To investigate the possibility of vimentin-linked myosin II function, we performed coimmunoprecipitation analysis (IP, vimentin; blot, myosin II [A or B]) at 1 d after injury, a time of active cell migration. The results revealed a previously unknown linkage of myosin II with vimentin (Figure 7D) and showed that this phenomenon predominantly reflected the association of vimentin with the myosin IIB isoform (Figure 7, D and E). Further evidence of a vimentin-linked myosin IIB role was the finding that myosin IIB and vimentin were highly colocalized in the repair cell population at the wound edge (Figure 7H, arrows and inset). The findings reveal a previously unappreciated association of myosin II motor proteins with vimentin in repair cells responding to injury, suggesting a role for myosin II motor activity in vimentin function during wound healing.

DISCUSSION

Our previous studies revealed the existence of a subpopulation of repair cell progenitors, innate to the lens epithelium, that were activated in response to the injury inflicted by performing a mock cataract surgery (Walker et al., 2010). The repair cells, rich in vimentin, quickly traveled to the wound edge to modulate the repair process (Walker et al., 2010). The present study adds these repair cells to the list of cells that can function as leader cells at the wound edge in response to injury. We also show that vimentin is essential to repair cell function, including the ability to adopt and maintain a mesenchymal morphology at the wound edge, extend lamellipodia along the basement membrane, and modulate the repair process. A high concentration of vimentin filaments stretched out to the tips of the lamellipodia of the repair cells, similar to the findings of Helfand et al. (2011), and nonfilamentous vimentin particles were enriched in these lamellipodia regions. Nonfilamentous vimentin is a soluble form of this intermediate filament protein, which has particular importance to our study, as soluble intermediate filament proteins are associated with dynamic cell processes such as wound closure and invasion (Windoffer et al., 2011). An unusual property of the lamellipodia of the repair cell population is the finding that vimentin filaments also extended to the tips of lamellipodia, where they were linked to paxillin in focal adhesion plaques. The fact that surprisingly few actin filaments were present in these lamellipodial extensions likely provides the need for vimentin filament association with adhesion complexes, in contrast to more-classical models of actin-based lamellipodial movement. Extension of vimentin throughout the repair cells required microtubule function. The role of actin filaments and microtubules in focal adhesion dynamics is well studied, but much less is understood about the role of intermediate filaments at these adhesion complexes. Vimentin intermediate filament–linked focal adhesions have been detected in cell types such as fibroblasts (Bershadsky et al., 1987) and endothelial cells (Gonzales et al., 2001; Kreis et al., 2005; Bhattacharya et al., 2009).

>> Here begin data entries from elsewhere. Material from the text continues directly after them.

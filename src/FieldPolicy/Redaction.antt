-- ===== src/FieldPolicy/Redaction.antt =====
-- What a field policy removes: exactly what one of its rules forbids.
use mathlib.Core.Path.{subst}
use mcp_odoo.Prelude.{
  String, ◌≡◌, ◌↔◌, inl, inr, refl, ◌∙◌, Bool, true, false, not, ◌&&◌, ◌||◌, Option, none, some,
  List, [], ◌∷◌, All, map, ap, arith, str_eq, eq_iff, eq_refl, if◌then◌else◌, Bool-cases,
}
use mcp_odoo.Prelude.Dict
use mcp_odoo.Prelude.Dict.{Dict, contains, keys}
use mcp_odoo.FieldPolicy.{
  FieldPolicy, Effective, effective, split_by, filter_fields, with_names, redact_record,
  insert_name, sorted_set, sorted, redact_each, redact_records, check_aggregate,
}
use mcp_odoo.FieldPolicy.Rules.{
  IsPermitted, permits, permits_iff, keeps, contains-append, contains-split_by, and_iff,
  and_not_iff,
}

module _ {ℓ} {V : Type ℓ} where
  -- the field is a key of one of the records
  abbrev pub occurs : List (Dict V) → String → Bool
  occurs [] k = false
  occurs (row ∷ rows) k = contains (keys row) k || occurs rows k

  abbrev has_value : Option V → Bool
  has_value none = false
  has_value (some v) = true

module _ {ℓ} {V : Type ℓ} where
  get-with_names :
      (names : List String) (row : Dict V) (k : String)
      → Dict.get k (with_names names row) ≡ (if contains names k then Dict.get k row else none)
  unfolding with_names
  get-with_names names [] k = ground arith
  get-with_names names ((j, v) ∷ row) k = ground (arith, get-with_names names row k, eq_iff j k)

  get-absent : (row : Dict V) (k : String) → contains (keys row) k ≡ false → Dict.get k row ≡ none
  get-absent [] k h = refl
  get-absent ((j, v) ∷ row) k h = ground (arith, get-absent row k)

module _ {ℓ} {V : Type ℓ} where
  contains-has : (row : Dict V) (k : String) → contains (keys row) k ≡ has_value (Dict.get k row)
  contains-has [] k = refl
  contains-has ((j, v) ∷ row) k = ground (arith, contains-has row k)

module _ (policy : FieldPolicy) (instance model : String) (names : List String)
    (name : String) where
  -- The names that `filter_fields` keeps are those asked for that the policy permits, and the names
  -- that it reports as redacted are those asked for that it does not permit.
  pub filter_fields-IsPermitted :
      ((contains (filter_fields policy instance model names).0 name ≡ true)
        ↔ ((contains names name ≡ true) × IsPermitted policy instance model name))
      × ((contains (filter_fields policy instance model names).1 name ≡ true)
          ↔ ((contains names name ≡ true) × (¬ IsPermitted policy instance model name)))
  unfolding filter_fields
  filter_fields-IsPermitted =
      let split = contains-split_by (effective policy instance model) names name in
      (
        and_iff _ _ _ split.0 (permits_iff policy instance model name),
        and_not_iff _ _ _ split.1 (permits_iff policy instance model name),
      )

module _ {ℓ} {V : Type ℓ} (policy : FieldPolicy) (instance model : String) where
  get-redact_record :
      (row : Dict V) (k : String)
      → Dict.get k (redact_record policy instance model row).0
        ≡ (if permits policy instance model k then Dict.get k row else none)
  unfolding redact_record filter_fields
  get-redact_record row k = go (effective policy instance model)
    where
      go :
          (e : Option Effective)
          → Dict.get k
              (elim e as (λ x. Dict V × List String) [
                | none ↦ (row, [])
                | some _ ↦ (with_names (split_by e (keys row)).0 row, (split_by e (keys row)).1)
              ]).0
            ≡ (if keeps e k then Dict.get k row else none)
      go none = refl
      go (some e) =
          rw get-with_names
            (ground (arith, (contains-split_by (some e) (keys row) k).0, get-absent row k))

  redacted-redact_record :
      (row : Dict V) (k : String)
      → contains (redact_record policy instance model row).1 k
        ≡ (contains (keys row) k && not (permits policy instance model k))
  unfolding redact_record filter_fields
  redacted-redact_record row k = go (effective policy instance model)
    where
      go :
          (e : Option Effective)
          → contains
              (elim e as (λ x. Dict V × List String) [
                | none ↦ (row, [])
                | some _ ↦ (with_names (split_by e (keys row)).0 row, (split_by e (keys row)).1)
              ]).1
              k
            ≡ (contains (keys row) k && not (keeps e k))
      go none = ground arith
      go (some e) = (contains-split_by (some e) (keys row) k).1

  -- A redacted record has a value under a key exactly if the record has it there and the policy
  -- permits the field.
  pub redact_record-IsPermitted :
      (row : Dict V) (k : String) (v : V)
      → (Dict.get k (redact_record policy instance model row).0 ≡ some v)
        ↔ ((Dict.get k row ≡ some v) × IsPermitted policy instance model k)
  redact_record-IsPermitted row k v = elim (Bool-cases (permits policy instance model k)) [
    | inl yes_k ↦ (
      λ h. (cc (get-redact_record row k, yes_k, h), (permits_iff policy instance model k).0 yes_k),
      λ h. get-redact_record row k ∙ rw yes_k h.0,
    )
    | inr no_k ↦ (
      λ h. cc (get-redact_record row k, no_k, h),
      λ h. cc (no_k, (permits_iff policy instance model k).1 h.1),
    )
  ]

  keys-redact_record :
      (row : Dict V) (k : String)
      → contains (keys (redact_record policy instance model row).0) k
        ≡ (contains (keys row) k && permits policy instance model k)
  keys-redact_record row k = rw (contains-has, get-redact_record, contains-has row k) (ground arith)

  redact_each_names :
      (rows : List (Dict V)) (k : String)
      → contains (redact_each policy instance model rows).1 k
        ≡ (occurs rows k && not (permits policy instance model k))
  unfolding redact_each
  redact_each_names [] k = ground arith
  redact_each_names (row ∷ rows) k =
      rw (contains-append, redacted-redact_record, redact_each_names rows k) (ground arith)

  occurs-redact_each :
      (rows : List (Dict V)) (k : String)
      → occurs (redact_each policy instance model rows).0 k
        ≡ (occurs rows k && permits policy instance model k)
  unfolding redact_each
  occurs-redact_each [] k = ground arith
  occurs-redact_each (row ∷ rows) k =
      rw (keys-redact_record, occurs-redact_each rows k) (ground arith)

contains-insert_name :
    (j : String) (js : List String) (k : String)
    → contains (insert_name j js) k ≡ (str_eq j k || contains js k)
unfolding insert_name
contains-insert_name j [] k = refl
contains-insert_name j (i ∷ js) k =
    ground (arith, contains-insert_name j js k, eq_iff j i, eq_iff i k, eq_iff j k)

pub contains-sorted_set :
    (js : List String) (k : String) → contains (sorted_set js) k ≡ contains js k
unfolding sorted_set
contains-sorted_set [] k = refl
contains-sorted_set (j ∷ js) k = rw contains-insert_name (rw (contains-sorted_set js k))

module _ {ℓ} {V : Type ℓ} (policy : FieldPolicy) (instance model : String) where
  outputs-redact_each :
      (rows : List (Dict V))
      → (redact_each policy instance model rows).0
        ≡ map (λ row. (redact_record policy instance model row).0) rows
  unfolding redact_each
  outputs-redact_each [] = refl
  outputs-redact_each (row ∷ rows) =
      ap (◌∷◌ (redact_record policy instance model row).0) (outputs-redact_each rows)

  -- `redact_records` gives back each record redacted, in order; the fields that are left in them are
  -- those of the records that the policy permits, and the names that it reports are those that it
  -- does not permit.
  pub redact_records-IsPermitted :
      (rows : List (Dict V)) (k : String)
      → ((redact_records policy instance model rows).0
          ≡ map (λ row. (redact_record policy instance model row).0) rows)
        × ((occurs (redact_records policy instance model rows).0 k ≡ true)
            ↔ ((occurs rows k ≡ true) × IsPermitted policy instance model k))
        × ((contains (redact_records policy instance model rows).1 k ≡ true)
            ↔ ((occurs rows k ≡ true) × (¬ IsPermitted policy instance model k)))
  unfolding redact_records
  redact_records-IsPermitted rows k = (
    outputs-redact_each rows,
    and_iff _ _ _ (occurs-redact_each policy instance model rows k)
        (permits_iff policy instance model k),
    and_not_iff _ _ _
        (contains-sorted_set (redact_each policy instance model rows).1 k
          ∙ redact_each_names policy instance model rows k)
        (permits_iff policy instance model k),
  )

All-of-contains :
    (P : String → Type 0) (names : List String)
    → ((n : String) → contains names n ≡ true → P n)
    → All P names
All-of-contains P [] h = tt
All-of-contains P (n ∷ ns) h =
    (h n (rw (eq_refl n)), All-of-contains P ns (λ m c. h m (rw c (ground arith))))

contains-of-All :
    (P : String → Type 0) (names : List String) (n : String)
    → All P names
    → contains names n ≡ true
    → P n
contains-of-All P [] n a c = cc
contains-of-All P (m ∷ ms) n a c = elim (Bool-cases (str_eq m n)) [
  | inl t ↦ subst P ((eq_iff m n).0 t) a.0
  | inr f ↦ contains-of-All P ms n a.1 (ground arith)
]

module _ (policy : FieldPolicy) (instance model : String) (names : List String) where
  -- An aggregation goes through exactly if the policy permits all of its fields.
  pub check_aggregate-IsPermitted :
      (check_aggregate policy instance model names ≡ none)
      ↔ All (IsPermitted policy instance model) names
  unfolding check_aggregate
  check_aggregate-IsPermitted =
      go (filter_fields policy instance model names).1
        (λ n. (filter_fields-IsPermitted policy instance model names n).1)
    where
      go :
          (redacted : List String)
          → ((n : String)
              → (contains redacted n ≡ true)
                ↔ ((contains names n ≡ true) × (¬ IsPermitted policy instance model n)))
          → ((elim redacted as (λ x. Option (List String)) [
            | [] ↦ none
            | n ∷ ns ↦ some (sorted (n ∷ ns))
          ])
              ≡ none)
            ↔ All (IsPermitted policy instance model) names
      go [] i = (
        λ _. All-of-contains (IsPermitted policy instance model) names (λ n c.
            elim (Bool-cases (permits policy instance model n)) [
              | inl p ↦ (permits_iff policy instance model n).0 p
              | inr p ↦ cc ((i n).1 (c, λ q. cc ((permits_iff policy instance model n).1 q)))
            ]),
        λ _. refl,
      )
      go (r ∷ rs) i =
          let bad = (i r).0 (rw (eq_refl r)) in
          (
            λ h. cc,
            λ a.
                absurd
                  (bad.1 (contains-of-All (IsPermitted policy instance model) names r a bad.0)),
          )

Vimentin can regulate both the structure and function of focal adhesions (Eckes et al., 1998; Tsuruta and Jones, 2003). For instance, vimentin regulates the size of focal adhesions and stabilization of cell-matrix adhesion strength in endothelial cells under shear stress (Tsuruta and Jones, 2003). The formation of intermediate filament–linked focal adhesions may be specific to cell type or adapted under conditions in which cells are subjected to stress and/or mechanical forces. Studies show that intermediate filaments can be recruited to focal adhesions in a process dependent on microtubules (Bhattacharya et al., 2009) and that vimentin filaments can be delivered along microtubules to focal adhesions, where they are assembled (Helfand et al., 2002; Bhattacharya et al., 2009). These studies are consistent with our finding that vimentin functions at the leading edge in lamellipodia, including in the establishment of repair cell morphology, properties that depend on microtubules. Our results suggest that vimentin-linked focal adhesions in the lamellipodia protrusions may provide unique properties to repair cells that are related to mechanical and motile functions required in their response to injury.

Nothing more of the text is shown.